I'll let you figure out the connection to Pascal's triangle on your own.
A: Problem: For a given integer $N$, how many integers $n_1$ and $n_2$ larger than or equal to zero are there that satisfy the equation:
$$n_1 + n_2 = N$$
We note that it is the coefficient of $x^N$ in the expansion of
$$\left(\sum_{k=0}^{\infty}x^k\right)^2 = \frac{1}{(1-x)^2}$$
We can also solve the problem by noting that it is the number of ways you can color N objects with 2 colors. The count the number of solutions, we note that there is aone to one correspondence between colorings and a string consisting of N 0's and one 1. The 0's to the left of the 1 represent to objects with color 1 the 0's to the right represent the objects with color 2. The total number of such strings is equal to $\binom{N+1}{1} = N+1$. This means that the coefficient of $x^N$ in $\frac{1}{(1-x)^2}$ is equal to $N+1$.
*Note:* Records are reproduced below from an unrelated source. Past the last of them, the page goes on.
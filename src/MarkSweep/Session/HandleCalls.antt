-- ===== src/MarkSweep/Session/HandleCalls.antt =====
-- Acquiring and releasing a handle keeps a program's runtime sound (src/core/runtime.c with
-- src/algo/marksweep/ms.c).
use xgc.MarkSweep.{MarkSweepState}
use xgc.MarkSweep.Algorithm.{Answers, vtable}
use xgc.MarkSweep.Session.{IsSound}
use xgc.Runtime.Program.{is_object}
use xgc.MarkSweep.Session.Calls.{Sound, pin-Sound, unpin-Sound}
use xgc.MarkSweep.Visits.{targeted}
use xgc.Runtime.{Runtime, Handle}
use xgc.Runtime.Handles.{handle_acquire, handle_release, unlink, linked}
use xgc.Prelude.{
  ℕ, ◌≡◌, ◌⊎◌, inl, inr, ap, true, false, Option, none, some, List, [], ◌∷◌, Ptr, null, arith, ◌==◌,
  Bool-cases,
}

pub unlink-targeted :
    (hs : List Handle) (p q : Ptr) → targeted (unlink hs p) q ≡ true → targeted hs q ≡ true
unfolding unlink
unlink-targeted [] p q h = h
unlink-targeted (x ∷ hs) p q h = ground (arith, unlink-targeted hs p q)

module _ (rt : Runtime MarkSweepState) (state : MarkSweepState) (s : IsSound rt state) where
  -- Other handles, whose objects are there.
  with_handles-IsSound :
      (hs : List Handle)
      → ((q : Ptr) → targeted hs q ≡ true → is_object (rt.memory.header q) ≡ true)
      → targeted hs null ≡ false
      → IsSound (record rt { handles = hs }) state
  with_handles-IsSound hs t n = record {
    ready = record {
      attached = s.ready.attached;
      distinct = s.ready.distinct;
      white = s.ready.white;
      worklist = record { size = s.ready.worklist.size; pointer = s.ready.worklist.pointer };
    };
    headers = s.headers;
    targets = t;
    named = n;
    total = s.total;
    peak = s.peak;
    barriers = s.barriers;
    heap = s.heap;
    gc_state = s.gc_state;
  }

  pub acquire-Sound :
      (a : Answers) (node obj : Ptr) (flags : ℕ)
      → (obj ≡ null) ⊎ (is_object (rt.memory.header obj) ≡ true)
      → Sound (handle_acquire (vtable a) node rt obj flags).1
  unfolding handle_acquire
  acquire-Sound a node obj flags valid = elim (Bool-cases (obj == null)) [
    | inl h ↦ rw (h, handle_acquire) (state, s)
    | inr h ↦ elim (Bool-cases (node == null)) [
      | inl k ↦ rw (h, k, handle_acquire) (state, s)
      | inr k ↦
          rw (h, k, handle_acquire)
            (pin-Sound (linked rt handle) state
              (with_handles-IsSound (handle ∷ rt.handles)
                (λ q t. ground (arith, valid, s.targets q, same q)) (ground (arith, s.named)))
              obj)
    ]
  ]
    where
      handle : Handle
      handle = record { self = node; target = obj; flags = flags }

      same : (q : Ptr) → obj ≡ q → is_object (rt.memory.header obj) ≡ is_object (rt.memory.header q)
      same q e = ap (λ p. is_object (rt.memory.header p)) e

  pub release-Sound :
      (a : Answers) (handle : Option Handle) → Sound (handle_release (vtable a) rt handle)
  unfolding handle_release
  release-Sound a none = (state, s)
  release-Sound a (some h) =
      let s' =
        with_handles-IsSound (unlink rt.handles h.self)
          (λ q t. s.targets q (unlink-targeted rt.handles h.self q t))
          (ground (arith, unlink-targeted rt.handles h.self null, s.named)) in
      elim (Bool-cases (h.target == null)) [
        | inl z ↦ rw (z, handle_release) (state, s')
        | inr z ↦
            rw (z, handle_release)
              (unpin-Sound (record rt { handles = unlink rt.handles h.self }) state s' h.target)
      ]
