-- ===== src/BaconRajan/Session/Calls.antt =====
-- Each call of a program keeps every object and the soundness of the runtime (src/core/runtime.c
-- with src/algo/bacon-rajan).
use xgc.BaconRajan.{vtable, pin, unpin}
use xgc.BaconRajan.Session.{Answers, IsSound, Kept, Grows}
use xgc.BaconRajan.Session.Growing.{
  Kept-refl, Kept-flags, Grows-refl, Grows-trans, with_memory-IsSound,
}
use xgc.MarkSweep.Session.HandleCalls.{unlink-targeted}
use xgc.MarkSweep.Visits.{targeted}
use xgc.Object.{Memory, Header, set_slot, set_header}
use xgc.Runtime.{Runtime, Vtable, Handle, Stats}
use xgc.Runtime.Flags.{update_header, with_pin, without_pin}
use xgc.Runtime.Handles.{handle_acquire, handle_release, unlink, linked}
use xgc.Runtime.Program.{is_object}
use xgc.Runtime.References.{store_ref}
use xgc.Prelude.{
  ℕ, ◌≡◌, ◌⊎◌, inl, inr, refl, ap, true, false, Option, none, some, List, ◌∷◌, Ptr, null, arith,
  ◌==◌, Bool-cases,
}

-- After a call: nothing is lost, and the runtime is sound.
abbrev pub Good : {S : Type 0} → Runtime S → Runtime S → Type 0
Good rt rt' = Grows rt rt' × IsSound rt'

abbrev pub table : {S : Type 0} → Answers → Vtable S
table a = vtable a.worklist_granted a.object

update_header-finalized :
    (m : Memory) (obj : Ptr) (f : Header → Header) → (update_header m obj f).finalized ≡ m.finalized
unfolding update_header set_header
update_header-finalized m obj f = ground arith

module _ {S : Type 0} (rt : Runtime S) (s : IsSound rt) where
  pub unchanged : Good rt rt
  unchanged = (Grows-refl rt, s)

  memory-Good :
      (m : Memory)
      → ((q : Ptr) → Kept (rt.memory.header q) (m.header q))
      → m.finalized ≡ rt.memory.finalized
      → Good rt (record rt { memory = m })
  memory-Good m k f =
      (record { headers = k; finalized = f; total = omega arith }, with_memory-IsSound rt m s k)

  pub store-Good :
      (a : Answers) (owner slot new_value : Ptr)
      → Good rt (store_ref (table a) rt owner slot new_value)
  unfolding store_ref set_slot
  store-Good a owner slot new_value = elim (Bool-cases (slot == null)) [
    | inl h ↦ rw (h, store_ref) unchanged
    | inr h ↦ rw (h, store_ref) (memory-Good _ (λ q. Kept-refl (rt.memory.header q)) refl)
  ]

  update-Good :
      (obj : Ptr) (f : Header → Header)
      → ((h : Header) → ((f h).desc ≡ h.desc) × ((f h).size ≡ h.size) × ((f h).kind ≡ h.kind))
      → Good rt (record rt { memory = update_header rt.memory obj f })
  update-Good obj f k =
      memory-Good _ (Kept-flags rt.memory obj f k) (update_header-finalized rt.memory obj f)

  pub pin-Good : (obj : Ptr) → Good rt (pin rt obj)
  unfolding pin
  pin-Good obj = elim (Bool-cases (obj == null)) [
    | inl h ↦ rw (h, pin) unchanged
    | inr h ↦ rw (h, pin) (update-Good obj with_pin (λ h. (refl, refl, refl)))
  ]

  pub unpin-Good : (obj : Ptr) → Good rt (unpin rt obj)
  unfolding unpin
  unpin-Good obj = elim (Bool-cases (obj == null)) [
    | inl h ↦ rw (h, unpin) unchanged
    | inr h ↦ rw (h, unpin) (update-Good obj without_pin (λ h. (refl, refl, refl)))
  ]

  with_handles-Good :
      (hs : List Handle)
      → ((q : Ptr) → targeted hs q ≡ true → is_object (rt.memory.header q) ≡ true)
      → targeted hs null ≡ false
      → Good rt (record rt { handles = hs })
  with_handles-Good hs t n = (
    record { headers = λ q. Kept-refl (rt.memory.header q); finalized = refl; total = omega arith },
    record {
      targets = t;
      named = n;
      worklist = s.worklist;
      peak = s.peak;
      barriers = s.barriers;
      heap = s.heap;
      gc_state = s.gc_state;
    },
  )

  -- Other counters, with the same bytes.
  pub with_stats-Good :
      (stats : Stats)
      → stats.total_allocated ≡ rt.stats.total_allocated
      → stats.peak_allocated ≡ rt.stats.peak_allocated
      → Good rt (record rt { stats = stats })
  with_stats-Good stats t p = (
    record {
      headers = λ q. Kept-refl (rt.memory.header q);
      finalized = refl;
      total = omega (arith, t);
    },
    record {
      targets = s.targets;
      named = s.named;
      worklist = s.worklist;
      peak = omega (arith, t, p, s.peak);
      barriers = s.barriers;
      heap = s.heap;
      gc_state = s.gc_state;
    },
  )

-- One step after another.
Good-after :
    {S : Type 0} (a b : Runtime S) {c : Runtime S} → Good a b → (IsSound b → Good b c) → Good a c
Good-after a b {c} g k = let r = k g.1 in (Grows-trans a b c g.0 r.0, r.1)

module _ {S : Type 0} (rt : Runtime S) (s : IsSound rt) where
  pub acquire-Good :
      (a : Answers) (node obj : Ptr) (flags : ℕ)
      → (obj ≡ null) ⊎ (is_object (rt.memory.header obj) ≡ true)
      → Good rt (handle_acquire (table a) node rt obj flags).1
  unfolding handle_acquire
  acquire-Good a node obj flags valid = elim (Bool-cases (obj == null)) [
    | inl h ↦ rw (h, handle_acquire) (unchanged rt s)
    | inr h ↦ elim (Bool-cases (node == null)) [
      | inl k ↦ rw (h, k, handle_acquire) (unchanged rt s)
      | inr k ↦
          rw (h, k, handle_acquire)
            (Good-after rt (linked rt handle)
              (with_handles-Good rt s (handle ∷ rt.handles)
                (λ q t. ground (arith, valid, s.targets q, same q)) (ground (arith, s.named)))
              (λ s'. pin-Good (linked rt handle) s' obj))
    ]
  ]
    where
      handle : Handle
      handle = record { self = node; target = obj; flags = flags }

      same : (q : Ptr) → obj ≡ q → is_object (rt.memory.header obj) ≡ is_object (rt.memory.header q)
      same q e = ap (λ p. is_object (rt.memory.header p)) e

  pub release-Good :
      (a : Answers) (handle : Option Handle) → Good rt (handle_release (table a) rt handle)
  unfolding handle_release
  release-Good a none = unchanged rt s
  release-Good a (some h) =
      let hs = unlink rt.handles h.self in
      let g =
        with_handles-Good rt s hs (λ q t. s.targets q (unlink-targeted rt.handles h.self q t))
          (ground (arith, unlink-targeted rt.handles h.self null, s.named)) in
      elim (Bool-cases (h.target == null)) [
        | inl z ↦ rw (z, handle_release) g
        | inr z ↦
            rw (z, handle_release)
              (Good-after rt (record rt { handles = hs }) g
                (λ s'. unpin-Good (record rt { handles = hs }) s' h.target))
      ]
A: Let $X \sim G(1-x)$, a geometric random variable with success probability $1-x$. We have
$$
\mathbb{E}[X] = \sum_{n=1}^\infty nx^{n-1}(1-x).
$$
On the other hand, we know that $\mathbb{E}[X] = 1/(1-x)$, and we deduce the formula.
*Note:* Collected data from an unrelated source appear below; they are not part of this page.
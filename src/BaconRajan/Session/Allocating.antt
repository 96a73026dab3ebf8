-- ===== src/BaconRajan/Session/Allocating.antt =====
-- What `gc_alloc_typed` does with the algorithm of src/algo/bacon-rajan.
use xgc.BaconRajan.{alloc}
use xgc.BaconRajan.Session.{Answers, Admits, IsSound}
use xgc.BaconRajan.Session.Calls.{Good, table, unchanged}
use xgc.BaconRajan.Session.Growing.{Kept-new, with_memory-IsSound}
use xgc.MarkSweep.Algorithm.{record_alloc}
use xgc.MarkSweep.Session.Allocating.{
  typed_memory, typed_memory-header, typed_header, raw_memory, raw_memory-header, raw_header,
}
use xgc.Object.{Memory, Descriptor, header_size, set_header, calloc_object}
use xgc.Runtime.{Runtime}
use xgc.Runtime.Allocation.{alloc_typed}
use xgc.Runtime.Flags.{update_header}
use xgc.Prelude.{
  ℕ, ◌≡◌, ◌⊎◌, inl, inr, refl, sym, subst, true, false, ◌||◌, Option, none, some, Ptr, null, arith,
  ltb, ◌==◌, if◌then◌else◌, is_none, Bool-cases, Ends,
}

module _ {S : Type 0} (a : Answers) (raw : Ptr) (rt : Runtime S) (s : IsSound rt)
    (size alloc_flags : ℕ) (admitted : Admits a rt size)
    (raw_unused : (raw ≡ null) ⊎ (rt.memory.header raw ≡ none)) where
  module _ (desc : Descriptor) where
    abbrev with_object : Runtime S
    with_object = record rt {
      stats = record_alloc rt.stats size;
      memory = typed_memory desc size alloc_flags rt.memory a.object;
    }

    abbrev with_raw : Runtime S
    with_raw = record rt { memory = raw_memory desc size alloc_flags rt.memory raw }

    alloc_typed_eq :
        ltb size header_size ≡ false
        → alloc_typed (table a) raw rt (some desc) size alloc_flags
          ≡ some (
              if a.object == null
              then (if raw == null then (null, rt) else (raw, with_raw))
              else (a.object, with_object))
    unfolding alloc_typed alloc
    alloc_typed_eq room = ground (arith, room)

    typed_memory-finalized :
        (m : Memory) (obj : Ptr)
        → (typed_memory desc size alloc_flags m obj).finalized ≡ m.finalized
    unfolding update_header set_header calloc_object
    typed_memory-finalized m obj = ground arith

    raw_memory-finalized :
        (m : Memory) (obj : Ptr) → (raw_memory desc size alloc_flags m obj).finalized ≡ m.finalized
    unfolding update_header set_header calloc_object
    raw_memory-finalized m obj = ground arith

    object-Good : (a.object == null) ≡ false → Good rt with_object
    object-Good ne =
        let k =
          Kept-new rt.memory with_object.memory a.object (typed_header desc size alloc_flags)
            (typed_memory-header desc size alloc_flags rt.memory a.object)
            (ground (arith, admitted.unused)) in
        let s' = with_memory-IsSound rt with_object.memory s k in
        (
          record {
            headers = k;
            finalized = typed_memory-finalized rt.memory a.object;
            total = ground (arith, admitted.fits);
          },
          record {
            targets = s'.targets;
            named = s'.named;
            worklist = s'.worklist;
            peak = ground (arith, s.peak);
            barriers = s'.barriers;
            heap = s'.heap;
            gc_state = s'.gc_state;
          },
        )

    raw-Good : (raw == null) ≡ false → Good rt with_raw
    raw-Good ne =
        let k =
          Kept-new rt.memory with_raw.memory raw (raw_header desc size alloc_flags)
            (raw_memory-header desc size alloc_flags rt.memory raw) (ground (arith, raw_unused)) in
        (
          record {
            headers = k;
            finalized = raw_memory-finalized rt.memory raw;
            total = omega arith;
          },
          with_memory-IsSound rt with_raw.memory s k,
        )

    some-Good :
        ltb size header_size ≡ false
        → Ends (λ r. Good rt r.1) (alloc_typed (table a) raw rt (some desc) size alloc_flags)
    some-Good room =
        subst (Ends (λ r. Good rt r.1)) (sym (alloc_typed_eq room))
          (elim (Bool-cases (a.object == null)) [
            | inr ne ↦ rw ne (object-Good ne)
            | inl e ↦ elim (Bool-cases (raw == null)) [
              | inl z ↦ rw (e, z) (unchanged rt s)
              | inr z ↦ rw (e, z) (raw-Good z)
            ]
          ])

  refused_eq :
      (desc : Option Descriptor)
      → (is_none desc || ltb size header_size) ≡ true
      → alloc_typed (table a) raw rt desc size alloc_flags ≡ some (null, rt)
  unfolding alloc_typed
  refused_eq none h = refl
  refused_eq (some d) h = ground arith

  pub allocate-Good :
      (desc : Option Descriptor)
      → Ends (λ r. Good rt r.1) (alloc_typed (table a) raw rt desc size alloc_flags)
  allocate-Good none = rw (refused_eq none refl) (unchanged rt s)
  allocate-Good (some desc) = elim (Bool-cases (ltb size header_size)) [
    | inl h ↦ rw (refused_eq (some desc) h) (unchanged rt s)
    | inr h ↦ some-Good desc h
  ]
We can argue that $\mathbb{E}[X] = 1/(1-x)$ in many ways. One way is to consider $N$ different trials with success probability $1-x$. The number of successful trials is roughly $(1-x)N$, and so the average distance between successful ones (which is distributed according to $X$) is roughly $N/((1-x)N) = 1/(1-x)$. (This argument can be formalized.)
A: As I'd  suggested like Calculating $1+\frac13+\frac{1\cdot3}{3\cdot6}+\frac{1\cdot3\cdot5}{3\cdot6\cdot9}+\frac{1\cdot3\cdot5\cdot7}{3\cdot6\cdot9\cdot12}+\dots? $,
Using Generalized Binomial Expansion, $$(1+y)^n=1+ny+\frac{n(n-1)}{2!}y^2+\frac{n(n-1)(n-2)}{3!}y^3+\cdots$$ given the converge holds
Comparing with given Series
$ny=2x\  \ \ \ (1)$
$\dfrac{n(n-1)}{2!}y^2=3x^2\  \ \ \ (2)$
$(1)\implies y=\dfrac{2x}n$
From $(2),3x^2=\dfrac{n(n-1)}2\left(\dfrac{2x}n\right)^2\iff n=-2$ as $x\ne0$ for non-trivial cases
$(1)\implies y=\dfrac{2x}n=\dfrac{2x}{-2}=-x$
A: Here is another variation.
Assuming the geometric series $\sum_{n=0}^{\infty}x^n=\frac{1}{1-x}$ is known, we consider functions $f,g:(-1,1) \rightarrow \mathbb{R}$
\begin{align*}
f(x)&=\sum_{n=0}^{\infty}(n+1)x^n\qquad\qquad g(x)=\frac{1}{(1-x)^2}
\end{align*}

We obtain
  \begin{align*}
\int f(x) dx&=\int\left(\sum_{n=0}^{\infty}(n+1)x^n\right) dx
=\sum_{n=0}^{\infty}\int(n+1)x^n dx\\
&=\sum_{n=0}^{\infty}x^{n+1}+C=\sum_{n=1}^\infty x^n+C\\
&=\frac{1}{1-x}-1+C\\
\\
\int g(x) dx&= \int \frac{1}{(1-x)²}dx=\frac{1}{1-x}+D
\end{align*}
We observe $f$ and $g$ have the same antiderivative $\frac{1}{1-x}$ differing by a constant only. Since $f(0)=g(0)=1$ they are equal.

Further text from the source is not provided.